[Saved data entries]
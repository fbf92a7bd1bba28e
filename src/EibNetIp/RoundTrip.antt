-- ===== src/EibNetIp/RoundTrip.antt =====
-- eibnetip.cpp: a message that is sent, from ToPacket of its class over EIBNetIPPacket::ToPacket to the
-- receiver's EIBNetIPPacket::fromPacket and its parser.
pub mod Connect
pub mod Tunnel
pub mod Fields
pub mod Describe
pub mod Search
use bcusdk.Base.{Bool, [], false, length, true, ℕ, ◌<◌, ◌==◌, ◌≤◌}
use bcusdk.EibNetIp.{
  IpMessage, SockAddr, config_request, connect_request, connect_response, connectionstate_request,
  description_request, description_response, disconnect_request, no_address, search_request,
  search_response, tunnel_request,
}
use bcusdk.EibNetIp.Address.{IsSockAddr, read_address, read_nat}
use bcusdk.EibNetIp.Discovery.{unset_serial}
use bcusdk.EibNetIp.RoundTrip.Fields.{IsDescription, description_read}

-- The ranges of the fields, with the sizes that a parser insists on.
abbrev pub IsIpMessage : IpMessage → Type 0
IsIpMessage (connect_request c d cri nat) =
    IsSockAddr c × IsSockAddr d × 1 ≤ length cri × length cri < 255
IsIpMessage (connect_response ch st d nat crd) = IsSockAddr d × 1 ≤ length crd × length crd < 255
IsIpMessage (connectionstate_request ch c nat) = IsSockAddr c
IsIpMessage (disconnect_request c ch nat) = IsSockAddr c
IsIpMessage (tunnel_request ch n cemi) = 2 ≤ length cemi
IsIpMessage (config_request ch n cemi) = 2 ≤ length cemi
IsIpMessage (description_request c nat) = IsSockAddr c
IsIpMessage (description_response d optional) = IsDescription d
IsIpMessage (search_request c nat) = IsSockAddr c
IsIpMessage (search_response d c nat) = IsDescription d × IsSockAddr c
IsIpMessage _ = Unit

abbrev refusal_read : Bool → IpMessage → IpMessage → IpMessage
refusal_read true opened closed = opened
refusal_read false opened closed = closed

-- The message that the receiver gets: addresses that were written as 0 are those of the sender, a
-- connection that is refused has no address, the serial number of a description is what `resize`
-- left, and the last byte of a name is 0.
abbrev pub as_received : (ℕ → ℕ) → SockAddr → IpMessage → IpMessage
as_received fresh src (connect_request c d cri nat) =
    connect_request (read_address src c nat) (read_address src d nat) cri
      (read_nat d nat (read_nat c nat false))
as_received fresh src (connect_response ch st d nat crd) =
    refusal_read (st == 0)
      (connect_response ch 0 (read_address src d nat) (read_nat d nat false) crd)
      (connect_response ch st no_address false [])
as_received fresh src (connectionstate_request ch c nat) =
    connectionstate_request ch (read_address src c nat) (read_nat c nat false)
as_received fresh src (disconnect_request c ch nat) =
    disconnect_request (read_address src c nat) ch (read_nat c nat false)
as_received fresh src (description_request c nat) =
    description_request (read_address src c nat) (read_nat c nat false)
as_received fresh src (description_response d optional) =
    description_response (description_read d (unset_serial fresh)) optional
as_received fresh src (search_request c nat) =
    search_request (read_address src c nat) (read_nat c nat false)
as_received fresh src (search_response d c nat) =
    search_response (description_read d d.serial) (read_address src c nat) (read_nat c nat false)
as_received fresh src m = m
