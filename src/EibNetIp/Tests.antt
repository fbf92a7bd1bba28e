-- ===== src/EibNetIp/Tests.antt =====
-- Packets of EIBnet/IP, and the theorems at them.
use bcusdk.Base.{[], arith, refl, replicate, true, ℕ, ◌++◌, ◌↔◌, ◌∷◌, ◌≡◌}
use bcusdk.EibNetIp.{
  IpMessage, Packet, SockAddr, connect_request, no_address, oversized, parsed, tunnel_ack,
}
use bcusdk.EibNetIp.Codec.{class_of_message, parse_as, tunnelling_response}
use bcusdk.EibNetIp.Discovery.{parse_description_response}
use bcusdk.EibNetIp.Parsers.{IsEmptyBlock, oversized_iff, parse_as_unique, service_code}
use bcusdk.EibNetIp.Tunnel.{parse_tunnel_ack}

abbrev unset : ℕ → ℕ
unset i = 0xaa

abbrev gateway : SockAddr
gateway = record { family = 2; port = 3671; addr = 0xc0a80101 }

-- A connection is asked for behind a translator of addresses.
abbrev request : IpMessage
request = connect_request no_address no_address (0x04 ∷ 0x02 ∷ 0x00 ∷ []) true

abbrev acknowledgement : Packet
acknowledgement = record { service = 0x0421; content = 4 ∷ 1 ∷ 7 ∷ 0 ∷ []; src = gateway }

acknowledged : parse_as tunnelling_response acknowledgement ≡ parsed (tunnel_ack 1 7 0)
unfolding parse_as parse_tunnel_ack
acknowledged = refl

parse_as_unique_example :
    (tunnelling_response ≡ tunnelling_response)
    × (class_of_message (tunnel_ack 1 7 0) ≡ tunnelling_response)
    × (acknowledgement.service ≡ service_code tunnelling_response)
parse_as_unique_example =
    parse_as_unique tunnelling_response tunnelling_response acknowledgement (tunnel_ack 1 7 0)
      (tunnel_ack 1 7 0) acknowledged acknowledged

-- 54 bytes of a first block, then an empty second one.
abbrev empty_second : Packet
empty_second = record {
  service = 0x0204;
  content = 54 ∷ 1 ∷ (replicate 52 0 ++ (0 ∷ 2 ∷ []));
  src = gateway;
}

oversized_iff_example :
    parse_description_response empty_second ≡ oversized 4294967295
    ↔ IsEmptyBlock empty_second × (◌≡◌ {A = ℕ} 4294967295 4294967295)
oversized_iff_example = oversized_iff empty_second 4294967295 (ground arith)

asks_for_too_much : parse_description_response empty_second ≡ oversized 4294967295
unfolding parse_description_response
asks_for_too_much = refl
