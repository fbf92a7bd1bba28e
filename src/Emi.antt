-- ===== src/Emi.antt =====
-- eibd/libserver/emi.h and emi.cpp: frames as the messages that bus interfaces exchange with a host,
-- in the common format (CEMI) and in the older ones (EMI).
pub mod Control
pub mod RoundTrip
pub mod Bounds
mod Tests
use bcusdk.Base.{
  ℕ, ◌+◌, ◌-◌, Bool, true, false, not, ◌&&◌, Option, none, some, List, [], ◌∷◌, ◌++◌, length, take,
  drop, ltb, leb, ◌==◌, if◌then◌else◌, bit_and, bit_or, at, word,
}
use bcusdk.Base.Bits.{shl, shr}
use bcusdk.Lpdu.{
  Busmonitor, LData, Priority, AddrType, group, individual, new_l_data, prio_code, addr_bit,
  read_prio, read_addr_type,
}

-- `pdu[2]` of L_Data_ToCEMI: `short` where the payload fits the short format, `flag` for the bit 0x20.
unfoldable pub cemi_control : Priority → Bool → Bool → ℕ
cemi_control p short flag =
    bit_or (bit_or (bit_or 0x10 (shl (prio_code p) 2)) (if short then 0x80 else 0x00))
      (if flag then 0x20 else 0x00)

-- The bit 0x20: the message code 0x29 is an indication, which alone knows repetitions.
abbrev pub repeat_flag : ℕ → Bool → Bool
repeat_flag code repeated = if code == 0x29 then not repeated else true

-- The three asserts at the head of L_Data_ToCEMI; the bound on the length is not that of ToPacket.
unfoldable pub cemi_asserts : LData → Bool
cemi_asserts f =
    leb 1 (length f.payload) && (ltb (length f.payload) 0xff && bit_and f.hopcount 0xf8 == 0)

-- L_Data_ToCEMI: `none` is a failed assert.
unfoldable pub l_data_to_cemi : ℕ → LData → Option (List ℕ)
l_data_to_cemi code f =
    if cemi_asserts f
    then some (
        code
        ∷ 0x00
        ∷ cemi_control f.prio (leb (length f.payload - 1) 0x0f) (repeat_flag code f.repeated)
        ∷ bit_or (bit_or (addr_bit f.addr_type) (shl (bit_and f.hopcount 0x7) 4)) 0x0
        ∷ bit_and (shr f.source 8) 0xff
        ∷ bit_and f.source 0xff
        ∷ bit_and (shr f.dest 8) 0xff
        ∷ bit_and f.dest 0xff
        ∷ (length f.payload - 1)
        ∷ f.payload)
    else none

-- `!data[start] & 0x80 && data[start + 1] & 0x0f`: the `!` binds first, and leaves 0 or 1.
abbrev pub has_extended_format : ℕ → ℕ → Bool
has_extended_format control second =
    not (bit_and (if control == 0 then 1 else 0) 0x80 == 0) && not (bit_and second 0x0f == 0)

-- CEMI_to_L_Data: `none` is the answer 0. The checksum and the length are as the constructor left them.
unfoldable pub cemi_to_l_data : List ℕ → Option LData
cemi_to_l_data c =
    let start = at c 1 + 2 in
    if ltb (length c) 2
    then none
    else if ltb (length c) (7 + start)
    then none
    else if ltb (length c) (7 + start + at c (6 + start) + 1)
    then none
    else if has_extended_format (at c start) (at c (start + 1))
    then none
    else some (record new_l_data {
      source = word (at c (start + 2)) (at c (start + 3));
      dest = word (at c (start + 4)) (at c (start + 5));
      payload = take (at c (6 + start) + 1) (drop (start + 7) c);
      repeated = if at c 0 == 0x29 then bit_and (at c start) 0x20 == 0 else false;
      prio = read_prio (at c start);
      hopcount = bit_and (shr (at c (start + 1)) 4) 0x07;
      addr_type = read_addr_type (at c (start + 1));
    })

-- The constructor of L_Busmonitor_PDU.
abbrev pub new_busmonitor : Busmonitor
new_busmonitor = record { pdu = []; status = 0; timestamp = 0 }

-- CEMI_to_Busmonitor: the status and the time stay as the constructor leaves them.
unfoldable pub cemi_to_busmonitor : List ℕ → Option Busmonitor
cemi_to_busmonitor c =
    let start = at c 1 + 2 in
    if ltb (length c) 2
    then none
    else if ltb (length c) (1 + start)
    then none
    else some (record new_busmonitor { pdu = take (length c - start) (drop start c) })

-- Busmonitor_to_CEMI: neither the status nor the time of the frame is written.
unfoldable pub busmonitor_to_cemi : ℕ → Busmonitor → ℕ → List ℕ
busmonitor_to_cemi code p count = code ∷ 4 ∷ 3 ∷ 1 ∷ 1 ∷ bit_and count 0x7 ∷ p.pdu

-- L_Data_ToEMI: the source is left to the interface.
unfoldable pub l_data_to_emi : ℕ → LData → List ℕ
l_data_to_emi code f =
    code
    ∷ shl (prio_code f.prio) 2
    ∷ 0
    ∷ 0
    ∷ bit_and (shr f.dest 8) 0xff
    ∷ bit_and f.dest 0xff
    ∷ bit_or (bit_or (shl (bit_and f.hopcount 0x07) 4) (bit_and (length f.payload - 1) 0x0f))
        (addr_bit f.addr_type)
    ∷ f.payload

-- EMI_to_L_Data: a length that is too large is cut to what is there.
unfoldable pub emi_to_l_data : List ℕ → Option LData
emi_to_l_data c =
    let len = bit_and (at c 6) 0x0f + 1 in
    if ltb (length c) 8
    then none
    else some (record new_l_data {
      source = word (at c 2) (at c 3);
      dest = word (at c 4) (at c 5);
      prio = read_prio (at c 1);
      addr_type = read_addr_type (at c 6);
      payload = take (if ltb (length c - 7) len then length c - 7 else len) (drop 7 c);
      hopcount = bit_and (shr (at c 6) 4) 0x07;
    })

→ What you should do:
From the first line of the data above through the line containing "IsIpMessage (connect_request c", repeat each line exactly, and add nothing.

→ Written solution:
repository fbf92a7bd1bba28e
filename src/EibNetIp/RoundTrip.antt
-- ===== src/EibNetIp/RoundTrip.antt =====
-- eibnetip.cpp: a message that is sent, from ToPacket of its class over EIBNetIPPacket::ToPacket to the
-- receiver's EIBNetIPPacket::fromPacket and its parser.
pub mod Connect
pub mod Tunnel
pub mod Fields
pub mod Describe
pub mod Search
use bcusdk.Base.{Bool, [], false, length, true, ℕ, ◌<◌, ◌==◌, ◌≤◌}
use bcusdk.EibNetIp.{
  IpMessage, SockAddr, config_request, connect_request, connect_response, connectionstate_request,
  description_request, description_response, disconnect_request, no_address, search_request,
  search_response, tunnel_request,
}
use bcusdk.EibNetIp.Address.{IsSockAddr, read_address, read_nat}
use bcusdk.EibNetIp.Discovery.{unset_serial}
use bcusdk.EibNetIp.RoundTrip.Fields.{IsDescription, description_read}

-- The ranges of the fields, with the sizes that a parser insists on.
abbrev pub IsIpMessage : IpMessage → Type 0
IsIpMessage (connect_request c d cri nat) =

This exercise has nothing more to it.